Apoptotic cells were determined by the characteristic morphology, and by the presence of DNA strand breaks detected with terminal deoxynucleotidyl transferase-mediated biotinylated UTP nick-end labeling (TUNEL). The TUNEL detection of apoptosis in situ was performed with a cell death detection kit (Roche Diagnostics, Indianapolis, IN). Briefly, cytospin preparations were fixed with 4% paraformaldehyde and incubated in Triton solution for 4 min on ice. Cells incubated with the solution lacking the terminal transferase were used as a negative control. The slides were counter stained with 5% methyl green and evaluated under a light microscope. The percentage of apoptotic cells was calculated by counting at least 500 cells from multiple fields.
Western blot analysis
The expression levels of protein in RPMI 8226 were determined by Western blot analyses using standard procedures as described previously [29]. Total proteins were prepared from each culture condition with a lysis buffer containing freshly prepared protease inhibitors. The protein contents of the lysates were determined by using the BioRad Protein Assay kit (Bio Rad, Hercules, CA, USA) with a BSA standard. Proteins were subjected to SDS-PAGE, electrotransferred to nitrocellulose membrane, and immunoblotted with specific antibodies. Antibodies against acetyl-histone H3 were purchased from Upstate Biotechnology (Lake Placid, NY). Antibodies against p16 and IL-6R were purchased from Santa Cruz (Santa Cruz, CA, USA). β-actin was used as a loading control. Appropriate HRP- conjugated secondary antibodies were used. The reactive proteins were visualized using the ECL system.
Statistical analysis
The data are presented as mean ± S.D. from multiple independent experiments. Results were evaluated by a two-sided paired Student's t-test for statistical difference.
Results
PHI inhibits proliferation and causes G1 arrest of multiple myeloma cells
To evaluate the effects of PHI on the growth of myeloma cells, the multiple myeloma cell line RPMI8226 was exposed to PHI at various concentrations. PHI caused a concentration- and time-dependent growth inhibition in these cultures. A significant growth inhibitory effect could be achieved with PHI at a concentration as low as 0.1 μM (Figure 1A). A 37.1% decrease of cell density was observed when 0.1 μM PHI was present in the cell culture. The cell proliferation was further reduced to 50% of that of control with PHI concentration at 0.5 μM. When the cells were exposed to PHI at the concentration of 5 μM, the culture became static. Morphological changes were also observed after exposure of RPMI 8226 cells to PHI. The cells appeared to have condensed chromatin, plasma membrane blebbing and cell shrinkage, characteristics of apoptosis (data not shown). The apoptosis was also confirmed by the significant increase of DNA strand breaks as measured by the TUNEL method (data not shown).

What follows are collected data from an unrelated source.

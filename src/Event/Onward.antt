-- ===== src/Event/Onward.antt =====
-- src/runtime/object_new.c: what every operation on promises keeps: a settled promise stays as it is, and
-- the queue only grows at its end.
use cscript.Prelude.{
  ℕ, zero, suc, ◌<◌, ◌≤◌, ◌≡◌, ◌⊎◌, refl, sym, ap, ◌∙◌, arith, if◌then◌else◌, inl, inr, Bool-cases,
  Bool, true, false, List, [], ◌∷◌, ◌++◌, map, length, length-set, set, get_or, append-append,
  Option, none, some,
}
use mathlib.Core.Path.{subst}
use mathlib.Core.List.{append-nil}
use cscript.Table.Find.{true≢false}
use cscript.Value.{Value}
use cscript.Event.{
  Reaction, hop_reaction, State, fulfilled, is_pending, is_rejected, Microtask, Promise, World,
  Machine, new_promise, promise, change, plain_task, queue_task, map_last, task_of, settle,
  add_reaction, hop_task, amend, as_promise, fulfill_by, fulfill,
}

-- The entry at a place that is written, and at any other.
pub get_or-set {ℓ} :
    {A : Type ℓ} (xs : List A) (i j : ℕ) (v d : A)
    → (get_or (set xs i v) j d ≡ get_or xs j d) ⊎ ((i ≡ j) × (get_or (set xs i v) j d ≡ v))
get_or-set [] i j v d = inl refl
get_or-set (x ∷ xs) zero zero v d = inr (refl, refl)
get_or-set (x ∷ xs) zero (suc j) v d = inl refl
get_or-set (x ∷ xs) (suc i) zero v d = inl refl
get_or-set (x ∷ xs) (suc i) (suc j) v d = elim (get_or-set xs i j v d) [
  | inl e ↦ inl e
  | inr (e, f) ↦ inr (ap suc e, f)
]

pub get_or-set_self {ℓ} :
    {A : Type ℓ} (xs : List A) (i : ℕ) (v d : A) → i < length xs → get_or (set xs i v) i d ≡ v
get_or-set_self [] i v d h = absurd (omega arith)
get_or-set_self (x ∷ xs) zero v d h = refl
get_or-set_self (x ∷ xs) (suc i) v d h = get_or-set_self xs i v d (omega arith)

-- The entry of a new place is the default.
pub get_or-default {ℓ} :
    {A : Type ℓ} (xs : List A) (i : ℕ) (d : A) → get_or (xs ++ d ∷ []) i d ≡ get_or xs i d
get_or-default [] zero d = refl
get_or-default [] (suc i) d = refl
get_or-default (x ∷ xs) zero d = refl
get_or-default (x ∷ xs) (suc i) d = get_or-default xs i d

pub map_last-append {ℓ} :
    {A : Type ℓ} (f : A → A) (xs : List A) (x : A) → map_last f (xs ++ x ∷ []) ≡ xs ++ f x ∷ []
unfolding map_last
map_last-append f [] x = refl
map_last-append f (y ∷ []) x = refl
map_last-append f (y ∷ z ∷ xs) x = ap (λ zs. y ∷ zs) (map_last-append f (z ∷ xs) x)

pub record Onward (w out : World) : Type 0 where
  pub stays :
      (p : ℕ)
      → is_pending (promise w p).state ≡ false
      → ((promise out p).state ≡ (promise w p).state)
        × ((promise out p).value ≡ (promise w p).value)
  pub more : List Microtask
  pub later : out.queue ≡ w.queue ++ more
  pub size : length w.promises ≤ length out.promises

pub Onward-refl : (w : World) → Onward w w
Onward-refl w = record {
  stays = λ p h. (refl, refl);
  more = [];
  later = sym (append-nil w.queue);
  size = omega arith;
}

pub Onward-trans : (a b c : World) → Onward a b → Onward b c → Onward a c
Onward-trans a b c g h = record {
  stays = λ p s.
      let (st, val) = g.stays p s in
      let (st', val') = h.stays p (ap is_pending st ∙ s) in (st' ∙ st, val' ∙ val);
  more = g.more ++ h.more;
  later = h.later ∙ (ap (λ q. q ++ h.more) g.later ∙ append-append a.queue g.more h.more);
  size = omega (arith, g.size, h.size);
}

pub Onward-if :
    (w : World) (b : Bool) (x y : World)
    → (b ≡ true → Onward w x)
    → (b ≡ false → Onward w y)
    → Onward w (if b then x else y)
Onward-if w true x y hx hy = hx refl
Onward-if w false x y hx hy = hy refl

pub queue_task-Onward : (t : Microtask) (w : World) → Onward w (queue_task t w)
queue_task-Onward t w = record {
  stays = λ p h. (refl, refl);
  more = t ∷ [];
  later = refl;
  size = omega arith;
}

-- A promise replaced, which keeps its state and value unless it was pending.
stays_changed :
    (w : World) (p : ℕ) (q : Promise) (queue : List Microtask) (noted : List ℕ)
    → (is_pending (promise w p).state ≡ false
        → (q.state ≡ (promise w p).state) × (q.value ≡ (promise w p).value))
    → (j : ℕ) → is_pending (promise w j).state ≡ false
    → ((get_or (set w.promises p q) j new_promise).state ≡ (promise w j).state)
      × ((get_or (set w.promises p q) j new_promise).value ≡ (promise w j).value)
stays_changed w p q queue noted h j s = elim (get_or-set w.promises p j q new_promise) [
  | inl e ↦ (ap (λ (q : Promise). q.state) e, ap (λ (q : Promise). q.value) e)
  | inr (at, e) ↦
      let (st, val) = h (subst (λ j. is_pending (promise w j).state ≡ false) (sym at) s) in
      (
        ap (λ (q : Promise). q.state) e ∙ (st ∙ ap (λ j. (promise w j).state) at),
        ap (λ (q : Promise). q.value) e ∙ (val ∙ ap (λ j. (promise w j).value) at),
      )
]

pub change-Onward :
    (p : ℕ) (q : Promise) (w : World)
    → (is_pending (promise w p).state ≡ false
        → (q.state ≡ (promise w p).state) × (q.value ≡ (promise w p).value))
    → Onward w (change p q w)
change-Onward p q w h = record {
  stays = stays_changed w p q [] [] h;
  more = [];
  later = sym (append-nil w.queue);
  size = omega (arith, length-set w.promises p q);
}

-- Settling a promise, whatever its state, keeps what is settled, and queues the reactions at the end.
pub settle-Onward : (p : ℕ) (state : State) (v : Value) (w : World) → Onward w (settle p state v w)
unfolding settle
settle-Onward p state v w =
    Onward-if w (is_pending (promise w p).state) _ w
      (λ e. record {
        stays = stays_changed w p _ [] [] (λ n. absurd (true≢false (sym e ∙ n)));
        more = map (task_of state v) (promise w p).reactions;
        later = refl;
        size = omega (arith, length-set w.promises p _);
      })
      (λ e. Onward-refl w)

pub add_reaction-Onward :
    (p : ℕ) (f r : Value) (result : Option ℕ) (w : World) → Onward w (add_reaction p f r result w)
unfolding add_reaction
add_reaction-Onward p f r result w =
    Onward-if w (is_pending (promise w p).state) _ _ (λ e. change-Onward p _ w (λ n. (refl, refl)))
      (λ e. Onward-trans w _ _ (change-Onward p _ w (λ n. (refl, refl))) (queue_task-Onward _ _))

-- A reaction changes no state.
add_reaction-state :
    (p : ℕ) (f r : Value) (result : Option ℕ) (w : World)
    → (promise (add_reaction p f r result w) p).state ≡ (promise w p).state
unfolding add_reaction
add_reaction-state p f r result w = elim (Bool-cases (is_pending (promise w p).state)) [
  | inl e ↦ rw e (kept w p _ refl)
  | inr e ↦ rw e (kept w p _ refl)
]
  where
    kept :
        (w : World) (p : ℕ) (q : Promise)
        → q.state ≡ (promise w p).state
        → (get_or (set w.promises p q) p new_promise).state ≡ (promise w p).state
    kept w p q h = elim (get_or-set w.promises p p q new_promise) [
      | inl e ↦ ap (λ (q : Promise). q.state) e
      | inr (at, e) ↦ ap (λ (q : Promise). q.state) e ∙ h
    ]

-- What a reaction has just added may be changed: for a settled promise, the task at the end of the queue.
amended :
    (g : Microtask → Microtask) (p : ℕ) (on_fulfilled on_rejected : Value) (result : Option ℕ)
    (w : World)
    → is_pending (promise w p).state ≡ false
    → Onward w (record (add_reaction p on_fulfilled on_rejected result w) {
      queue = map_last g (add_reaction p on_fulfilled on_rejected result w).queue;
    })
unfolding add_reaction
amended g p on_fulfilled on_rejected result w e =
    let rejecting = is_rejected (promise w p).state in
    let t =
      plain_task (if rejecting then on_rejected else on_fulfilled) (promise w p).value result
        rejecting in
    rw e (record {
      stays = stays_changed w p _ [] [] (λ n. (refl, refl));
      more = g t ∷ [];
      later = map_last-append g w.queue t;
      size = omega (arith, length-set w.promises p _);
    })

pub amend-Onward :
    (f : Reaction → Reaction) (g : Microtask → Microtask) (p : ℕ) (on_fulfilled on_rejected : Value)
    (result : Option ℕ) (w : World)
    → Onward w (amend f g p (add_reaction p on_fulfilled on_rejected result w))
unfolding amend
amend-Onward f g p on_fulfilled on_rejected result w =
    let waiting = add_reaction p on_fulfilled on_rejected result w in
    Onward-if w (is_pending (promise waiting p).state) _ _
      (λ e.
        Onward-trans w waiting _ (add_reaction-Onward p on_fulfilled on_rejected result w)
          (change-Onward p _ waiting (λ n. absurd (true≢false (sym e ∙ n)))))
      (λ e.
        amended g p on_fulfilled on_rejected result w
          (sym (ap is_pending (add_reaction-state p on_fulfilled on_rejected result w)) ∙ e))

fulfill_by-Onward : (p : ℕ) (v : Value) (o : Option ℕ) (w : World) → Onward w (fulfill_by p v o w)
fulfill_by-Onward p v none w = settle-Onward p fulfilled v w
fulfill_by-Onward p v (some inner) w = amend-Onward hop_reaction hop_task inner _ _ (some p) w

pub fulfill-Onward : (m : Machine) (p : ℕ) (v : Value) (w : World) → Onward w (fulfill m p v w)
unfolding fulfill
fulfill-Onward m p v w =
    Onward-if w (is_pending (promise w p).state) _ w (λ e. fulfill_by-Onward p v (as_promise m v) w)
      (λ e. Onward-refl w)

-- Settling a promise that is pending settles it with the value, and queues its reactions in the order in
-- which they were added.
pub record Settles (p : ℕ) (st : State) (v : Value) (w out : World) : Type 0 where
  pub state : (promise out p).state ≡ st
  pub value : (promise out p).value ≡ v
  pub reactions : (promise out p).reactions ≡ []
  pub queued : out.queue ≡ w.queue ++ map (task_of st v) (promise w p).reactions

pub settle-Settles :
    (p : ℕ) (state : State) (v : Value) (w : World)
    → p < length w.promises
    → is_pending (promise w p).state ≡ true
    → Settles p state v w (settle p state v w)
unfolding settle
settle-Settles p state v w h e =
    let q : Promise = record {
      state = state;
      value = v;
      reactions = [];
      handled = (promise w p).handled;
    } in
    let at = get_or-set_self w.promises p q new_promise h in
    rw e (record {
      state = ap (λ (q : Promise). q.state) at;
      value = ap (λ (q : Promise). q.value) at;
      reactions = ap (λ (q : Promise). q.reactions) at;
      queued = refl;
    })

PHI suppresses growth and causes cell cycle arrest of RPMI8226 myeloma cells. (A). PHI suppresses growth of RPMI8226 myeloma cells. The myeloma cells were cultured with or without phenylhexyl isothiocyanate (PHI) at varying concentrations for 24, 48 or 72 hours. The cell number was recorded at each time point. Diamond (♦), control; Square (■), 0.1 μM; Triangle (
), 0.5 μM; Dot (●); 5.0 μM. (B). PHI induces G1 growth arrest. The myeloma cells were cultured with 0.5 μM of PHI for 48 or 96 hours. The cellular DNA content was determined by flow cytometry. Values are means +/- SD from 3 independent experiments. Open bar, G1 phase; Black bar, G2M phase; Grid bar, S phase.
To study the effects of PHI on the cell cycle progression, the distribution of cells in different cell cycle phases was analyzed by flowcytometry. Figure 1B reveals a clear decrease of the replicating cells in S- and G2M-phases after PHI exposure for 48 hours at 0.5 μM (Figure 1B). The proportion of S- plus G2M-phases after 96 hr was decreased to 23.9%, as compared to 80.3% in the control cultures, indicating an approximately 3-fold reduction in cell proliferation. Along with the decrease of S- and G2M-phase cells, the cells in G1 phases showed a concomitant increase (Figure 1B). This is consistent with a G1-phase arrest.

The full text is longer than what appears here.